Sausage Party
Medium Rise
Weirdly lost the notes to Sausage Party. I remember writing something down but it turns out I yelled it into my phone whilst driving on El Camino Real. I could retrieve it now, but I’m in a café. I could listen to it through the headphones that I use to drown out trailers, but I’m listening to Culturecide to make the typing go fast.
You see the problem.
Movie fine, though thinks that swearing a lot is the equivalent of comedy. Opening song: ‘We certainly not going to die in any horrible way’ is certainly an example of how being on the nose without actually thinking through to the joke is not an actual joke. Unlike perversely run-on sentences. Or self-referentiality.
It does, however, develop into some kind of comedy when they fucking well shut up. There is a beautiful and funny horror film in there, when the living food items are eaten alive. Not so much talking either when they finish with a, I’m sorry to say, awe-inspiring, CGI food orgy.
A second appeal: the message. Basically fucking is better than war. I’m all for it. Until the victims get revenge and kill all the humans. Hey, I’m for that too.
The aspect of thinking that they’re hysterically funny just by talking, however, could use some re-examination. Like Anomalisa, Sausage Party is a great short film. Just a shorter one, only about two minutes, with the rest being a certain tolerability brought down by self-satisfaction.
The Take
I know. I would make a great parent.
$3.00
That is not our story
But that is not our story. No, our story is the tale of the Cinemark Tanforan, the most awesome-ist theater in the history of po-post-modernism. First of all, look at it. LOOK AT IT!
That’s a cinema. It’s a massive featureless cinder block square sitting atop a parking structure.
This is the future. Well, it’s our future anyway, and I can’t wait!
But there’s more! How could there not be? Being unfamiliar, and late, I went to find chocolate. No luck, and settled with the bland but certainly better than Baskin-Robbins Dreyer’s ice-cream. But we’re nowhere near that point.
So I parked, thinking I was smart, away from the structure, which I believed was either going to charge me or eat me. I approached, panicked, but found these easy to follow directions.
I chose Cinema, and was lucky I did, because I discovered what remains the most baffling feature of any building I’ve ever seen. It is a staircase to suspended platform
that in no way goes to a cinema. It does, however, lead around the giant Ballardian concrete cube of death to…another staircase.
At this point, I took the other staircase, and entered the parking garage. It turned out it would have been free to park. It also turned out there were, I repeat no indications as to the location of the cinema, or even that a cinema existed. At this point, I had the foresight enough to document:
See a sign? For anything? I chose the elevators and chose wisely, though found no indications inside the elevator either. There was, however, a button marked ‘C’.
I pressed it, and not only arrived, but found myself in the lobby itself.

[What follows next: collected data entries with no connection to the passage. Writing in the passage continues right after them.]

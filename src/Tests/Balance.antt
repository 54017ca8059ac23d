-- ===== src/Tests/Balance.antt =====
-- An OnionBalancedService, its backends and what the agent makes of them.
use mathlib.Core.List.{Memᴰ}
use mathlib.Core.Option.{some-injective}
use mathlib.Core.Logic.{◌↔◌}
use tor_controller.Base.{
  ◌≡◌, ◌≢◌, refl, String, true, Option, none, some, List, [], ◌∷◌, ◌⊎◌, inl, inr, arith,
}
use tor_controller.Base.Exec.{ok, err, attempt, ◌>>=◌}
use tor_controller.Kube.Client.{onion_service, onion_balanced_service, deployment, key_of}
use tor_controller.Kube.Full.{everything, with_status_of, full, full-ErrorLaws, full-ServerLaws}
use tor_controller.Kube.Memory.{Store, MemoryError, stored}
use tor_controller.Kube.Memory.Client.{memory, memory-ServerLaws, answer}
use tor_controller.Apis.Types.{OnionService, OnionServiceStatus, OnionBalancedService}
use tor_controller.Apis.Format.{suffixed, decimal}
use tor_controller.Apis.OnionBalancedServiceUtil.{
  secret_name, service_account_name, role_name, service_name, config_map_name, deployment_name,
  service_metrics_name, is_synced,
}
use tor_controller.Controllers.OnionBalancedService.Backends.{backend, reconcile_backends}
use tor_controller.Controllers.OnionBalancedService.Backends.Provided.{reconcile_backends-provides}
use tor_controller.Controllers.OnionBalancedService.Reconcile.{reconcile, add_backends}
use tor_controller.Controllers.OnionBalancedService.Reconcile.Complete.{
  reconcile-provides, its_deployment, later,
}
use tor_controller.Agents.OnionBalance.Config.{instances}
use tor_controller.Agents.OnionBalance.Config.Backends.{latest, instances-add_backends}
use tor_controller.Agents.Tor.Controller.Paths.{unequal}
use tor_controller.Base.{length, false, sym, ap, ◌∙◌}
use tor_controller.Kube.Memory.Client.{ok-same}
use tor_controller.Apis.OnionBalancedServiceUtil.Synced.{Entry, Known}
use tor_controller.Controllers.OnionBalancedService.Reconcile.{update_status}
use tor_controller.Controllers.OnionBalancedService.Reconcile.Again.{
  backends_at, StatusOnly, update_status-again,
}
use tor_controller.Tests.{example_config, request}

reconcile-provides_example :
    full-ServerLaws.contents (reconcile full example_config request tt).1 deployment (record {
      name = deployment_name (everything onion_balanced_service request);
      namespace = "apps";
    })
    ≢ none
unfolding reconcile ◌>>=◌ attempt full-ServerLaws deployment_name secret_name suffixed
    service_account_name role_name service_name config_map_name decimal service_metrics_name
    is_synced
reconcile-provides_example =
    reconcile-provides full-ServerLaws full-ErrorLaws example_config request tt
      (everything onion_balanced_service request) false refl refl deployment
      (record {
        name = deployment_name (everything onion_balanced_service request);
        namespace = "apps";
      })
      (later its_deployment)

abbrev three : OnionBalancedService
three = record (everything onion_balanced_service request) {
  spec = record (everything onion_balanced_service request).spec { backends = 3 };
  status = record (everything onion_balanced_service request).status { hostname = "master.onion" };
}

abbrev nothing : Store
nothing k n = none

answered :
    (v : Option OnionService)
    → ((o : OnionService) × (answer v ≡ ok o))
      ⊎ ((e : MemoryError) × (answer v ≡ err e) × (memory.is_not_found e ≡ true))
answered none = inr (MemoryError.missing, refl, refl)
answered (some o) = inl (o, refl)

reconcile_backends-provides_example :
    stored
      (reconcile_backends memory three nothing).1
      onion_service
      (key_of onion_service (backend memory three 3))
    ≢ none
unfolding memory-ServerLaws
reconcile_backends-provides_example =
    reconcile_backends-provides memory-ServerLaws three (unequal "master.onion" "" refl)
      (λ n s. answered (stored s onion_service n)) (λ o s h. (o, rw h refl)) nothing 3 (omega arith)
      (omega arith)

abbrev listed : String → String → OnionService
listed name hostname =
    record (everything onion_service (record { name = name; namespace = "apps" })) {
      status = record { hostname = hostname; target_cluster_ip = "" };
    }

-- The first backend has no hostname yet.
abbrev two : List OnionService
two = listed "shop-1" "" ∷ listed "shop-2" "b.onion" ∷ []

instances-add_backends_example :
    Memᴰ (record { name = "shop-2"; address = "b.onion" }) (instances (add_backends two [])) ↔ (
      (s : OnionServiceStatus) × (latest "shop-2" two ≡ some s)
      × (s.hostname ≡ "b.onion")
      × (◌≢◌ {A = String} "b.onion" ""))
instances-add_backends_example =
    instances-add_backends two (record { name = "shop-2"; address = "b.onion" })

abbrev hub : OnionBalancedService
hub = everything onion_balanced_service request

-- This API server answers with the stored spec and the status that it was sent.
answered_status : StatusOnly full-ServerLaws
unfolding full-ServerLaws
answered_status o u v s held h =
    let p : with_status_of onion_balanced_service o ≡ u =
      ok-same (with_status_of onion_balanced_service o) u h in
    let q : everything onion_balanced_service (key_of onion_balanced_service o) ≡ v =
      some-injective (everything onion_balanced_service (key_of onion_balanced_service o)) v held in
    (
      ap (λ (z : OnionBalancedService). z.spec) (sym p)
          ∙ ap (λ (z : OnionBalancedService). z.spec) q,
      ap (λ (z : OnionBalancedService). z.status) (sym p),
    )

-- The object at hand asks for three backends, the stored one for the one backend that there is.
update_status-again_example : false ≡ false ↔ (
    (length (backends_at full "apps" tt) ≡ hub.spec.backends)
    × ((x : Entry) → Memᴰ x (backends_at full "apps" tt) → Known x))
unfolding update_status ◌>>=◌ attempt add_backends is_synced full-ServerLaws
update_status-again_example =
    update_status-again full-ErrorLaws full-ServerLaws answered_status example_config "apps" three
      hub false tt refl refl
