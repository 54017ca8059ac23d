-- ===== src/Tests/Balanced.antt =====
-- The OnionBalancedService reconciler at concrete inputs.
use tor_controller.Controllers.OnionBalancedService.Reconcile.Missing.{reconcile-absent}
use tor_controller.Controllers.OnionBalancedService.Deployment.Selects.{balance_deployment-Selects}
use tor_controller.Controllers.OnionBalancedService.Deployment.{balance_deployment}
use tor_controller.Controllers.OnionBalancedService.Backends.Errors.{
  reconcile_backends-absorbs, reconcile_backends-waits,
}
use tor_controller.Controllers.OnionBalancedService.Backends.{reconcile_backends}
use tor_controller.Controllers.OnionBalancedService.Reconcile.Safe.{reconcile-unowned}
use tor_controller.Controllers.OnionBalancedService.Reconcile as OnionBalancedService
use tor_controller.Kube.Client.{onion_balanced_service}
use tor_controller.Apis.OnionBalancedServiceUtil.Synced.{is_synced_iff, Entry, Known}
use tor_controller.Apis.OnionBalancedServiceUtil.{is_synced}
use tor_controller.Base.{length}
use tor_controller.Apis.Types.{OnionBalancedService}
use mathlib.Core.List.{Memᴰ}
use tor_controller.Controllers.Objects.Labels.{Selects}
use tor_controller.Base.{◌↔◌}
use tor_controller.Kube.Full.{everything}
use tor_controller.Base.{true, false, some, ◌≡◌, ◌≢◌, refl}
use tor_controller.Base.Exec.{ok, err}
use tor_controller.Kube.Client.{service}
use tor_controller.Base.Exec.{err}
use tor_controller.Kube.Memory.{MemoryError, stored, missing}
use tor_controller.Kube.Memory.Client.{memory, memory-ErrorLaws, memory-ServerLaws}
use tor_controller.Tests.{
  other_place, other_service, cluster, example_config, request, other_service-stored, empty_cluster,
}

reconcile-unowned_example :
    stored
      (OnionBalancedService.reconcile memory example_config request cluster).1
      service
      other_place
    ≡ some other_service
unfolding memory-ServerLaws
reconcile-unowned_example =
    reconcile-unowned memory-ServerLaws example_config request cluster {j = service} other_place
      other_service other_service-stored (λ t h. refl) (λ (p, q). cc)

abbrev balanced : OnionBalancedService
balanced = everything onion_balanced_service request

reconcile_backends-absorbs_example :
    (reconcile_backends memory balanced empty_cluster).0 ≢ err missing
reconcile_backends-absorbs_example =
    reconcile_backends-absorbs memory balanced empty_cluster missing

reconcile_backends-waits_example :
    stored (reconcile_backends memory balanced cluster).1 ≡ stored cluster
unfolding memory-ServerLaws
reconcile_backends-waits_example = reconcile_backends-waits memory-ServerLaws balanced refl cluster

is_synced_iff_example : is_synced balanced ≡ true ↔ (
    (length balanced.status.backends ≡ 1)
    × ((x : Entry) → Memᴰ x balanced.status.backends → Known x))
is_synced_iff_example = is_synced_iff balanced

balance_deployment-Selects_example : Selects (balance_deployment memory example_config balanced).0
balance_deployment-Selects_example = balance_deployment-Selects memory example_config balanced

reconcile-absent_example :
    ((OnionBalancedService.reconcile memory example_config request empty_cluster).1
      ≡ (memory.get onion_balanced_service request empty_cluster).1)
    × (memory.is_not_found missing ≡ true
        → (OnionBalancedService.reconcile memory example_config request empty_cluster).0 ≡ ok false)
    × (memory.is_not_found missing ≡ false
        → (x : MemoryError) × ((OnionBalancedService.reconcile memory example_config request
              empty_cluster).0
            ≡ err x))
unfolding stored
reconcile-absent_example =
    reconcile-absent memory-ErrorLaws example_config request empty_cluster missing refl
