-- ===== src/Tests/Complete.antt =====
-- An OnionService whose rule is served by a service of the cluster.
use mathlib.Core.List.{Memᴰ}
use mathlib.Core.Option.{some-injective}
use tor_controller.Base.{◌≡◌, ◌≢◌, refl, sym, subst, none, some, [], ◌∷◌, true}
use tor_controller.Base.Exec.{attempt, ◌>>=◌}
use tor_controller.Kube.Types.{NamespacedName, Service}
use tor_controller.Kube.Client.{onion_service, service, deployment}
use tor_controller.Kube.Full.{everything, served_rule, full, full-ErrorLaws, full-ServerLaws}
use tor_controller.Apis.Types.{OnionService, ServiceRule}
use tor_controller.Apis.OnionServiceUtil.{
  authorized_clients_secret_name, secret_name, service_account_name, role_name, service_name,
  deployment_name, service_metrics_name,
}
use tor_controller.Apis.Format.{suffixed}
use tor_controller.Controllers.Equal.{port_exists}
use tor_controller.Controllers.OnionService.Reconcile.{reconcile, asked_port}
use tor_controller.Controllers.OnionService.Reconcile.Rules.{target}
use tor_controller.Controllers.OnionService.Reconcile.Complete.{reconcile-makes, its_deployment}
use tor_controller.Tests.{example_config}

abbrev shop_request : NamespacedName
shop_request = record { name = "shop"; namespace = "apps" }

abbrev shop : OnionService
shop = everything onion_service shop_request

served :
    port_exists (everything service (target "apps" served_rule)).spec.ports (asked_port served_rule)
    ≡ true
unfolding port_exists
served = refl

only_rule : (rule : ServiceRule) → Memᴰ rule (served_rule ∷ []) → served_rule ≡ rule
only_rule rule (Memᴰ.head e) = sym e
only_rule rule (Memᴰ.tail m) = elim m [ ]

serves :
    (rule : ServiceRule)
    → Memᴰ rule shop.spec.rules
    → (v : Service) → full-ServerLaws.contents tt service (target "apps" rule) ≡ some v
    → port_exists v.spec.ports (asked_port rule) ≡ true
unfolding full-ServerLaws
serves rule m v e =
    subst (λ z. port_exists z.spec.ports (asked_port rule) ≡ true) (some-injective _ v e)
      (subst
        (λ z. port_exists (everything service (target "apps" z)).spec.ports (asked_port z) ≡ true)
        (only_rule rule m) served)

reconcile-makes_example :
    full-ServerLaws.contents
      (reconcile full example_config shop_request tt).1
      deployment
      (record { name = deployment_name shop; namespace = "apps" })
    ≢ none
unfolding reconcile ◌>>=◌ attempt full-ServerLaws authorized_clients_secret_name suffixed
    secret_name service_account_name role_name service_name deployment_name service_metrics_name
reconcile-makes_example =
    reconcile-makes full-ServerLaws full-ErrorLaws example_config shop_request tt shop refl serves
      refl deployment (record { name = deployment_name shop; namespace = "apps" }) its_deployment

An elevator that opens right into the lobby. It’s brilliant! If one does not consider that I had in fact bypassed the box office entirely, and had to backtrack just to buy the tickets. But I had killed the requisite time to miss the trailers to whatever it is I’m going to see in France in six months, and was in a very positive state to see the film. Which was so-so.
I mentioned that.
But who cares? I love the Cinemark Tanforan! Though honestly, now I know where everything is maybe… No, screw it, I’m going back. Right after I took the picture at the top, a plane flew over the building, just something you’d see in a first director’s film! I’m waiting all day and taking that picture. And never making a second film.